PROBLEM TO WORK ON>
Write out the data below exactly, beginning with the first line and ending once the line that has "summarise_lem contexts total" is written.

********************

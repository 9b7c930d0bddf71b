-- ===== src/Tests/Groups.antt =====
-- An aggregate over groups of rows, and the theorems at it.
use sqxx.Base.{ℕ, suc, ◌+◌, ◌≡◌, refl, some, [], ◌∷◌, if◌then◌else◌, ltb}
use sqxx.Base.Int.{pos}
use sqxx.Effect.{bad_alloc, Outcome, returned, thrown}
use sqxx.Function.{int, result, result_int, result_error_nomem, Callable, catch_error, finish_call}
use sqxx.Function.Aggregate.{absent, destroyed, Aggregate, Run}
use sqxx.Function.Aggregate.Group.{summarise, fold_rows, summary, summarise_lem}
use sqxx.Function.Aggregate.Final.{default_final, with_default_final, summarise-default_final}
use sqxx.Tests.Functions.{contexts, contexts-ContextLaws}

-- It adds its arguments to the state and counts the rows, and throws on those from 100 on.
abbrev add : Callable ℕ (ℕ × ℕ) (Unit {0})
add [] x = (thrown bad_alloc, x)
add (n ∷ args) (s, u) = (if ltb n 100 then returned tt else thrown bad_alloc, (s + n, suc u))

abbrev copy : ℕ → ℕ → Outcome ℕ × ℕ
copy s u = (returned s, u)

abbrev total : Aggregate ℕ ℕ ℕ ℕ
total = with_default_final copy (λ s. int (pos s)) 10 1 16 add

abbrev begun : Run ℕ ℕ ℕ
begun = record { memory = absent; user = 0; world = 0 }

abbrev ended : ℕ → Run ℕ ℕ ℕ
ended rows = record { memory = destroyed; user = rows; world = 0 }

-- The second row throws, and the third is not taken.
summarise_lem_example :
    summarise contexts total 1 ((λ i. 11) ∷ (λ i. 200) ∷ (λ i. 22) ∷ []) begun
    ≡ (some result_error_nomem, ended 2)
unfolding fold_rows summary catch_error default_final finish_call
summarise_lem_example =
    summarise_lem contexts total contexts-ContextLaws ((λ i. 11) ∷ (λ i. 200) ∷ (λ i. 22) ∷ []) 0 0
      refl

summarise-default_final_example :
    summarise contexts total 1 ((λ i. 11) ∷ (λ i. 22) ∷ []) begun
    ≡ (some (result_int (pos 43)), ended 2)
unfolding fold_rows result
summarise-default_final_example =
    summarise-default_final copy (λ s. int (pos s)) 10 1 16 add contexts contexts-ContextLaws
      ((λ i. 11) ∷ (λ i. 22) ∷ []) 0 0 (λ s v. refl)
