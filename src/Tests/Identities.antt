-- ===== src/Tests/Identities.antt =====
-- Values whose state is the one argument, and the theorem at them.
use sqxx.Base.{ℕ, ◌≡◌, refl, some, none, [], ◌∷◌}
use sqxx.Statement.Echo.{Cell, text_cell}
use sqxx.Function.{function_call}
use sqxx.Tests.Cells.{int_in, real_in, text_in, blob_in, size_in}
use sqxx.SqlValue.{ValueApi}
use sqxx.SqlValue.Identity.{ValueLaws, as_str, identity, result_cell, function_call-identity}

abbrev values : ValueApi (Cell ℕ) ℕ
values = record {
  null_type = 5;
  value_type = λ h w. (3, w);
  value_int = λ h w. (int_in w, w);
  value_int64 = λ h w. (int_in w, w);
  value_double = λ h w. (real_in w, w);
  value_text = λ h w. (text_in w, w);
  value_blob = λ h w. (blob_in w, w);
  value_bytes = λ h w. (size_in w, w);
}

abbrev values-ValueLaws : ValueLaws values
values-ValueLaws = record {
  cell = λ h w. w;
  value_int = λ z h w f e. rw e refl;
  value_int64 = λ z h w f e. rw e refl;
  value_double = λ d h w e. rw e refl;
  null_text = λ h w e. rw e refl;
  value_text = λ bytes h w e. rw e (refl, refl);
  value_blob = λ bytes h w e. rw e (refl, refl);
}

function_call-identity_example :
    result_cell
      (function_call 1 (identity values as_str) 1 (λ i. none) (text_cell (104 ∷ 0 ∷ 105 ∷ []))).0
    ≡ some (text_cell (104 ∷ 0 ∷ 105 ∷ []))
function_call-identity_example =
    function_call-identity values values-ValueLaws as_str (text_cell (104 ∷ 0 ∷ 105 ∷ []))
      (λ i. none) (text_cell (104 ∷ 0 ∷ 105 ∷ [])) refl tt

********************

ANSWER SECTION>
repository 9b7c930d0bddf71b
-- ===== src/Tests/Groups.antt =====
-- An aggregate over groups of rows, and the theorems at it.
use sqxx.Base.{ℕ, suc, ◌+◌, ◌≡◌, refl, some, [], ◌∷◌, if◌then◌else◌, ltb}
use sqxx.Base.Int.{pos}
use sqxx.Effect.{bad_alloc, Outcome, returned, thrown}
use sqxx.Function.{int, result, result_int, result_error_nomem, Callable, catch_error, finish_call}
use sqxx.Function.Aggregate.{absent, destroyed, Aggregate, Run}
use sqxx.Function.Aggregate.Group.{summarise, fold_rows, summary, summarise_lem}
use sqxx.Function.Aggregate.Final.{default_final, with_default_final, summarise-default_final}
use sqxx.Tests.Functions.{contexts, contexts-ContextLaws}

-- It adds its arguments to the state and counts the rows, and throws on those from 100 on.
abbrev add : Callable ℕ (ℕ × ℕ) (Unit {0})
add [] x = (thrown bad_alloc, x)
add (n ∷ args) (s, u) = (if ltb n 100 then returned tt else thrown bad_alloc, (s + n, suc u))

abbrev copy : ℕ → ℕ → Outcome ℕ × ℕ
copy s u = (returned s, u)

abbrev total : Aggregate ℕ ℕ ℕ ℕ
total = with_default_final copy (λ s. int (pos s)) 10 1 16 add

abbrev begun : Run ℕ ℕ ℕ
begun = record { memory = absent; user = 0; world = 0 }

abbrev ended : ℕ → Run ℕ ℕ ℕ
ended rows = record { memory = destroyed; user = rows; world = 0 }

-- The second row throws, and the third is not taken.
summarise_lem_example :
    summarise contexts total 1 ((λ i. 11) ∷ (λ i. 200) ∷ (λ i. 22) ∷ []) begun
    ≡ (some result_error_nomem, ended 2)
unfolding fold_rows summary catch_error default_final finish_call
summarise_lem_example =
    summarise_lem contexts total contexts-ContextLaws ((λ i. 11) ∷ (λ i. 200) ∷ (λ i. 22) ∷ []) 0 0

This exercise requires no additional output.